◆ **Directions**: From the entries below, transcribe exactly the lines between the line holding "unfoldable pub get_retained_message" and the line holding "get_current_sequence topic s", inclusive; skip all other lines.

◆ **Provided records**:
******
-- ===== src/MessageBuffer.antt =====
-- include/nexusd/core/topic_message_buffer.hpp and src/core/topic_message_buffer.cpp, class
-- TopicMessageBuffer: the ring buffers of all topics under one memory limit. Each method holds
-- `mutex_`, so it is one step. `none` is undefined behaviour, as in TopicBuffer.antt.
pub mod Valid
pub mod Evict
pub mod Freed
pub mod Store
pub mod Accept
pub mod Recovery
pub mod Pause
use nexus_d_pub_sub.Prelude.{
  ℕ, zero, suc, ◌+◌, Bool, true, false, not, ◌&&◌, Text, text_eq, List, [], ◌∷◌, Option, none, some,
  map, length, leb, ltb, ◌==◌, if◌then◌else◌, add64, sub64,
}
use nexus_d_pub_sub.Prelude.Map.{Map, find, assign, erase, total}
use nexus_d_pub_sub.TopicBuffer
use nexus_d_pub_sub.TopicBuffer.{BufferedMessage, TopicBuffer}

pub record MessageBuffer : Type 0 where
  pub topic_buffers : Map TopicBuffer
  pub buffer_size_per_topic : ℕ
  pub max_total_memory_bytes : ℕ
  pub current_total_bytes : ℕ

-- The constructor.
unfoldable pub init : ℕ → ℕ → MessageBuffer
init buffer_size max_memory = record {
  topic_buffers = [];
  buffer_size_per_topic = buffer_size;
  max_total_memory_bytes = max_memory;
  current_total_bytes = 0;
}

-- `empty()` of a container.
abbrev pub is_empty {ℓ} : {A : Type ℓ} → List A → Bool
is_empty [] = true
is_empty (x ∷ xs) = false

-- The `for` loop of `evictForSpace`: the first topic with a message, or the empty string.
unfoldable pub oldest_topic : Map TopicBuffer → Text
oldest_topic [] = []
oldest_topic ((topic, b) ∷ m) =
    let rest = oldest_topic m in if ltb 0 (TopicBuffer.size b) then topic else rest

-- `current_total_bytes_ -= it->second.totalBytes(); topic_buffers_.erase(it);`, if it is found.
unfoldable pub drop_topic : Text → MessageBuffer → MessageBuffer
drop_topic topic s = elim (find topic s.topic_buffers) [
  | none ↦ s
  | some b ↦ record s {
    topic_buffers = erase topic s.topic_buffers;
    current_total_bytes = sub64 s.current_total_bytes b.total_bytes;
  }
]

-- The `while` loop of `evictForSpace`, on fuel. `false` is its early `return false`.
unfoldable pub evict_loop : ℕ → ℕ → MessageBuffer → MessageBuffer × Bool
unfolding oldest_topic drop_topic
evict_loop zero target s = (s, true)
evict_loop (suc fuel) target s =
    let oldest = oldest_topic s.topic_buffers in
    let rest = evict_loop fuel target (drop_topic oldest s) in
    let round = if is_empty oldest then (s, false) else rest in
    if ltb target s.current_total_bytes && not (is_empty s.topic_buffers) then round else (s, true)

unfoldable pub evict_for_space : ℕ → MessageBuffer → MessageBuffer × Bool
unfolding evict_loop
evict_for_space needed s =
    let target = sub64 s.max_total_memory_bytes needed in
    let (s', ended) = evict_loop (length s.topic_buffers) target s in
    if s.max_total_memory_bytes == 0
    then (s, true)
    else (s', ended && leb (add64 s'.current_total_bytes needed) s'.max_total_memory_bytes)

-- "Get or create topic buffer": the buffer that `push` is called on.
unfoldable pub topic_buffer : Text → MessageBuffer → TopicBuffer
topic_buffer topic s = elim (find topic s.topic_buffers) [
  | none ↦ TopicBuffer.init s.buffer_size_per_topic
  | some b ↦ b
]

-- `bufferMessage` from "Get or create topic buffer" on.
unfoldable pub store : ℕ → Text → Text → MessageBuffer → Option (ℕ × MessageBuffer)
unfolding topic_buffer
store now topic payload s =
    let b = topic_buffer topic s in
    elim (TopicBuffer.push now topic payload b) [
      | none ↦ none
      | some (seq, b') ↦ some (
        seq,
        record s {
          topic_buffers = assign topic b' s.topic_buffers;
          current_total_bytes = add64 (sub64 s.current_total_bytes b.total_bytes) b'.total_bytes;
        },
      )
    ]

-- Whether the memory limit would be passed.
unfoldable pub over_limit : ℕ → MessageBuffer → Bool
over_limit needed s =
    ltb 0 s.max_total_memory_bytes
    && ltb s.max_total_memory_bytes (add64 s.current_total_bytes needed)

-- The sequence number assigned, 0 if the message is not buffered.
unfoldable pub buffer_message : ℕ → Text → Text → MessageBuffer → Option (ℕ × MessageBuffer)
unfolding over_limit evict_for_space store
buffer_message now topic payload s =
    let (s', ok) = evict_for_space (length payload) s in
    if over_limit (length payload) s
    then (if ok then store now topic payload s' else some (0, s'))
    else store now topic payload s

pub record Replay : Type 0 where
  pub messages : List BufferedMessage
  pub gap_detected : Bool
  pub missed_count : ℕ

abbrev pub no_replay : Replay
no_replay = record { messages = []; gap_detected = false; missed_count = 0 }

-- `getMessagesForReplay` once the topic's buffer is found.
unfoldable pub replay_from : ℕ → TopicBuffer → Replay
replay_from after b =
    let oldest = TopicBuffer.oldest_sequence b in
    let gap = ltb after oldest in
    if after == 0
    then record {
      messages = elim (TopicBuffer.get_latest b) [ none ↦ [] | some m ↦ m ∷ [] ];
      gap_detected = false;
      missed_count = 0;
    }
    else if leb (TopicBuffer.current_sequence b) after
    then no_replay
    else record {
      messages = TopicBuffer.get_messages_after after b;
      gap_detected = gap;
      missed_count = if gap then sub64 (sub64 oldest after) 1 else 0;
    }

unfoldable pub get_messages_for_replay : Text → ℕ → MessageBuffer → Replay
unfolding replay_from
get_messages_for_replay topic after s = elim (find topic s.topic_buffers) [
  | none ↦ no_replay
  | some b ↦ replay_from after b
]

unfoldable pub get_retained_message : Text → MessageBuffer → Option BufferedMessage
get_retained_message topic s = elim (find topic s.topic_buffers) [
  | none ↦ none
  | some b ↦ TopicBuffer.get_latest b
]

unfoldable pub get_current_sequence : Text → MessageBuffer → ℕ
get_current_sequence topic s = elim (find topic s.topic_buffers) [
  | none ↦ 0
  | some b ↦ TopicBuffer.current_sequence b
]

unfoldable pub is_sequence_available : Text → ℕ → MessageBuffer → Bool
is_sequence_available topic seq s = elim (find topic s.topic_buffers) [
  | none ↦ false
  | some b ↦ TopicBuffer.has_sequence seq b
]

pub record Stats : Type 0 where
  pub topic_count : ℕ
  pub total_messages : ℕ
  pub total_bytes : ℕ
  pub max_bytes : ℕ

unfoldable pub get_stats : MessageBuffer → Stats
get_stats s = record {
  topic_count = length s.topic_buffers;
  total_messages = total TopicBuffer.size s.topic_buffers;
  total_bytes = s.current_total_bytes;
  max_bytes = s.max_total_memory_bytes;
}

unfoldable pub clear : MessageBuffer → MessageBuffer
clear s = record s { topic_buffers = []; current_total_bytes = 0 }

unfoldable pub clear_topic : Text → MessageBuffer → MessageBuffer
unfolding drop_topic
clear_topic topic s = drop_topic topic s
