-- ===== src/TopicBuffer/Log.antt =====
-- The ring buffer of a topic (topic_message_buffer.hpp) against the log of all that was pushed.
use nexus_d_pub_sub.Prelude.{
  ℕ, suc, ◌+◌, ◌-◌, ◌%◌, ◌≤◌, ◌<◌, ◌≡◌, refl, sym, ap, ◌∙◌, dec_le, Text, List, [], ◌∷◌, ◌++◌, some,
  arith, length, length-append, drop, drop_cons, recent, length-recent, recent_all,
  recent-append_full, recent-append_room, u64_mod, inc64, add64, sub64,
}
use nexus_d_pub_sub.TopicBuffer.{BufferedMessage, TopicBuffer, init, push}

-- Sequence numbers count up by one from `n`.
abbrev pub Numbered : ℕ → List BufferedMessage → Type 0
Numbered n [] = Unit
Numbered n (m ∷ ms) = (m.sequence_number ≡ n) × Numbered (suc n) ms

-- The payload bytes of the messages.
unfoldable pub bytes : List BufferedMessage → ℕ
bytes [] = 0
bytes (m ∷ ms) = length m.payload + bytes ms

-- The buffer is the window of the last `max_size` entries of the log `h`.
pub record Tracks (b : TopicBuffer) (h : List BufferedMessage) : Type 0 where
  pub positive : 0 < b.max_size
  pub window : b.messages ≡ recent b.max_size h
  pub numbered : Numbered 1 h
  pub next : b.next_sequence ≡ suc (length h)
  pub range : b.next_sequence < u64_mod
  pub counted : b.total_bytes ≡ bytes b.messages % u64_mod

pub bytes-append_one :
    (ms : List BufferedMessage) (m : BufferedMessage)
    → bytes (ms ++ m ∷ []) ≡ bytes ms + length m.payload
unfolding bytes
bytes-append_one [] m = omega arith
bytes-append_one (x ∷ ms) m = omega (arith, bytes-append_one ms m)

Numbered-append_one :
    (n : ℕ) (h : List BufferedMessage) (m : BufferedMessage)
    → Numbered n h
    → m.sequence_number ≡ n + length h
    → Numbered n (h ++ m ∷ [])
Numbered-append_one n [] m d e = (omega arith, tt)
Numbered-append_one n (x ∷ h) m d e = (d.0, Numbered-append_one (suc n) h m d.1 (omega arith))

abbrev pub entry : ℕ → Text → Text → ℕ → BufferedMessage
entry now topic payload seq = record {
  sequence_number = seq;
  topic = topic;
  payload = payload;
  timestamp = now;
}

pub init-Tracks : (n : ℕ) → 0 < n → Tracks (init n) []
unfolding init bytes
init-Tracks n p = record {
  positive = p;
  window = sym (recent_all n [] (omega arith));
  numbered = tt;
  next = refl;
  range = omega arith;
  counted = refl;
}

module _ (now : ℕ) (topic payload : Text) (b : TopicBuffer) where
  abbrev pub added : BufferedMessage
  added = entry now topic payload b.next_sequence

  abbrev after_push : List BufferedMessage → ℕ → TopicBuffer
  after_push kept total = record b {
    next_sequence = inc64 b.next_sequence;
    messages = kept ++ added ∷ [];
    total_bytes = add64 total (length payload);
  }

  push_full :
      (m : BufferedMessage) (rest : List BufferedMessage)
      → b.max_size ≤ length b.messages
      → b.messages ≡ m ∷ rest
      → push now topic payload b
        ≡ some (b.next_sequence, after_push rest (sub64 b.total_bytes (length m.payload)))
  unfolding push
  push_full m rest full e = ground arith

  push_room :
      length b.messages < b.max_size
      → push now topic payload b ≡ some (b.next_sequence, after_push b.messages b.total_bytes)
  unfolding push
  push_room room = ground arith

  -- The log grows by the entry, numbered next.
  abbrev pub grown : List BufferedMessage → List BufferedMessage
  grown h = h ++ added ∷ []

  full-Tracks :
      (h : List BufferedMessage) (m : BufferedMessage) (rest : List BufferedMessage)
      → Tracks b h
      → b.next_sequence + 1 < u64_mod
      → b.max_size ≤ length h
      → b.messages ≡ m ∷ rest
      → Tracks (after_push rest (sub64 b.total_bytes (length m.payload))) (grown h)
  unfolding bytes
  full-Tracks h m rest t r full e = record {
    positive = t.positive;
    window = rw (recent-append_full b.max_size h added t.positive full, ← t.window, e) refl;
    numbered = Numbered-append_one 1 h added t.numbered (omega (arith, t.next));
    next = omega (arith, t.next, length-append h (added ∷ []));
    range = omega arith;
    counted = omega (arith, rw e at t.counted, bytes-append_one rest added);
  }

  room-Tracks :
      (h : List BufferedMessage)
      → Tracks b h
      → b.next_sequence + 1 < u64_mod
      → length h < b.max_size
      → Tracks (after_push b.messages b.total_bytes) (grown h)
  room-Tracks h t r room = record {
    positive = t.positive;
    window = rw (recent-append_room b.max_size h added room, t.window) refl;
    numbered = Numbered-append_one 1 h added t.numbered (omega (arith, t.next));
    next = omega (arith, t.next, length-append h (added ∷ []));
    range = omega arith;
    counted = omega (arith, t.counted, bytes-append_one b.messages added);
  }

  pub length-window :
      (h : List BufferedMessage)
      → Tracks b h
      → length b.messages ≡ length h - (length h - b.max_size)
  length-window h t = ap length t.window ∙ length-recent b.max_size h

  fewer_bytes :
      (m : BufferedMessage) (rest : List BufferedMessage)
      → b.messages ≡ m ∷ rest
      → bytes (rest ++ added ∷ []) ≤ bytes b.messages + length payload
  unfolding bytes
  fewer_bytes m rest e = rw e (omega (arith, bytes-append_one rest added))

  -- A push is defined on a buffer that tracks a log while the number after the next is below 2^64: it
  -- returns the next sequence number, the buffer tracks the log grown by the message and has its
  -- size, and its bytes grow by no more than those of the payload.
  pub push-Tracks :
      (h : List BufferedMessage)
      → Tracks b h
      → b.next_sequence + 1 < u64_mod
      → (b' : TopicBuffer) × (push now topic payload b ≡ some (b.next_sequence, b'))
        × (b'.max_size ≡ b.max_size)
        × Tracks b' (grown h)
        × (bytes b'.messages ≤ bytes b.messages + length payload)
  push-Tracks h t r = elim (dec_le b.max_size (length h)) [
    | yes full ↦
        let (m, e) = drop_cons (length h - b.max_size) h (omega (arith, t.positive)) in
        let rest = drop (length h - b.max_size + 1) h in
        let here = t.window ∙ e in
        (
          after_push rest (sub64 b.total_bytes (length m.payload)),
          push_full m rest (omega (arith, length-window h t)) here,
          refl,
          full-Tracks h m rest t r full here,
          fewer_bytes m rest here,
        )
    | no room ↦ (
      after_push b.messages b.total_bytes,
      push_room (omega (arith, length-window h t)),
      refl,
      room-Tracks h t r (omega arith),
      omega (arith, bytes-append_one b.messages added),
    )
  ]
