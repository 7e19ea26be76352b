-- ===== src/MessageBuffer/Valid.antt =====
-- The state of TopicMessageBuffer between two calls (src/core/topic_message_buffer.cpp).
use nexus_d_pub_sub.Prelude.{
  ℕ, ◌+◌, ◌≤◌, ◌<◌, ◌≡◌, refl, Text, List, some, arith, length, u64_mod, sub64, Option-cases, inl,
  inr, ◌∙◌,
}
use nexus_d_pub_sub.Prelude.Map.{
  Distinct, find, erase, find-erase, erase-Distinct, total, total-erase, le-total,
}
use nexus_d_pub_sub.TopicBuffer.{BufferedMessage, TopicBuffer}
use nexus_d_pub_sub.TopicBuffer.Log.{Tracks, bytes}
use nexus_d_pub_sub.MessageBuffer.{MessageBuffer, init, drop_topic}

-- A buffer of size `n` that is the window of a log with a message in it.
abbrev pub Logged : ℕ → TopicBuffer → Type 0
Logged n b = (h : List BufferedMessage) × Tracks b h × (0 < length h) × (b.max_size ≡ n)

abbrev pub payload_bytes : TopicBuffer → ℕ
payload_bytes b = bytes b.messages

pub record IsValid (s : MessageBuffer) : Type 0 where
  pub distinct : Distinct s.topic_buffers
  pub logs :
      (topic : Text) (b : TopicBuffer)
      → find topic s.topic_buffers ≡ some b
      → Logged s.buffer_size_per_topic b
  pub counted : s.current_total_bytes ≡ total payload_bytes s.topic_buffers
  pub range : s.current_total_bytes < u64_mod
  pub limited : 0 < s.max_total_memory_bytes → s.current_total_bytes ≤ s.max_total_memory_bytes

pub init-IsValid : (n limit : ℕ) → IsValid (init n limit)
unfolding init find total
init-IsValid n limit = record {
  distinct = tt;
  logs = λ topic b e. absurd (ground arith);
  counted = refl;
  range = omega arith;
  limited = λ p. omega arith;
}

module _ (s : MessageBuffer) (v : IsValid s) (topic : Text) (b : TopicBuffer) where
  -- A buffer counts its own bytes exactly, and they are part of the whole.
  pub total_bytes-bytes :
      find topic s.topic_buffers ≡ some b
      → (b.total_bytes ≡ bytes b.messages) × (bytes b.messages ≤ s.current_total_bytes)
  total_bytes-bytes e =
      let (h, t, p, n) = v.logs topic b e in
      let part = le-total payload_bytes topic b s.topic_buffers e in
      (omega (arith, t.counted, v.counted, v.range), omega (arith, v.counted))

  dropped : MessageBuffer
  dropped = record s {
    topic_buffers = erase topic s.topic_buffers;
    current_total_bytes = sub64 s.current_total_bytes b.total_bytes;
  }

  dropped_count :
      find topic s.topic_buffers ≡ some b
      → dropped.current_total_bytes + bytes b.messages ≡ s.current_total_bytes
  unfolding dropped
  dropped_count e = let (own, part) = total_bytes-bytes e in rw own (omega (arith, v.range, part))

  dropped-IsValid : find topic s.topic_buffers ≡ some b → IsValid dropped
  unfolding dropped
  dropped-IsValid e = record {
    distinct = erase-Distinct topic s.topic_buffers v.distinct;
    logs = λ j c f. v.logs j c (ground (arith, f, find-erase j topic s.topic_buffers));
    counted = omega (
      arith,
      dropped_count e,
      v.counted,
      total-erase payload_bytes topic b s.topic_buffers v.distinct e,
    );
    range = omega (arith, dropped_count e, v.range);
    limited = λ p. omega (arith, dropped_count e, v.limited p);
  }

-- What eviction may do to the state: topics disappear, those that stay are untouched.
pub record Evicted (s r : MessageBuffer) : Type 0 where
  pub valid : IsValid r
  pub same_size : r.buffer_size_per_topic ≡ s.buffer_size_per_topic
  pub same_limit : r.max_total_memory_bytes ≡ s.max_total_memory_bytes
  pub smaller : r.current_total_bytes ≤ s.current_total_bytes
  pub kept :
      (topic : Text) (b : TopicBuffer)
      → find topic r.topic_buffers ≡ some b
      → find topic s.topic_buffers ≡ some b

pub Evicted-refl : (s : MessageBuffer) → IsValid s → Evicted s s
Evicted-refl s v = record {
  valid = v;
  same_size = refl;
  same_limit = refl;
  smaller = omega arith;
  kept = λ topic b e. e;
}

pub Evicted-trans : {s r q : MessageBuffer} → Evicted s r → Evicted r q → Evicted s q
Evicted-trans a b = record {
  valid = b.valid;
  same_size = b.same_size ∙ a.same_size;
  same_limit = b.same_limit ∙ a.same_limit;
  smaller = omega (arith, a.smaller, b.smaller);
  kept = λ topic c e. a.kept topic c (b.kept topic c e);
}

-- `clearTopic` drops at most that topic and gives back its bytes.
pub drop_topic-Evicted :
    (topic : Text) (s : MessageBuffer) → IsValid s → Evicted s (drop_topic topic s)
unfolding drop_topic dropped
drop_topic-Evicted topic s v = elim (Option-cases (find topic s.topic_buffers)) [
  | inl e ↦ rw (e, drop_topic) (Evicted-refl s v)
  | inr (b, e) ↦
      rw (e, drop_topic)
        (record {
          valid = dropped-IsValid s v topic b e;
          same_size = refl;
          same_limit = refl;
          smaller = omega (arith, dropped_count s v topic b e);
          kept = λ j c f. ground (arith, f, find-erase j topic s.topic_buffers);
        })
]
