-- ===== src/Client.antt =====
-- crates/hawse-core/src/client: the private side of the tunnel.
pub mod Race
pub mod Backoff
pub mod Udp
pub mod Events
pub mod Rebind
pub mod Session
pub mod Dial
pub mod Failure
pub mod Retry
pub mod Visitor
******
◆ **Exercise response**:
unfoldable pub get_retained_message : Text → MessageBuffer → Option BufferedMessage
get_retained_message topic s = elim (find topic s.topic_buffers) [
  | none ↦ none
  | some b ↦ TopicBuffer.get_latest b
]

unfoldable pub get_current_sequence : Text → MessageBuffer → ℕ
get_current_sequence topic s = elim (find topic s.topic_buffers) [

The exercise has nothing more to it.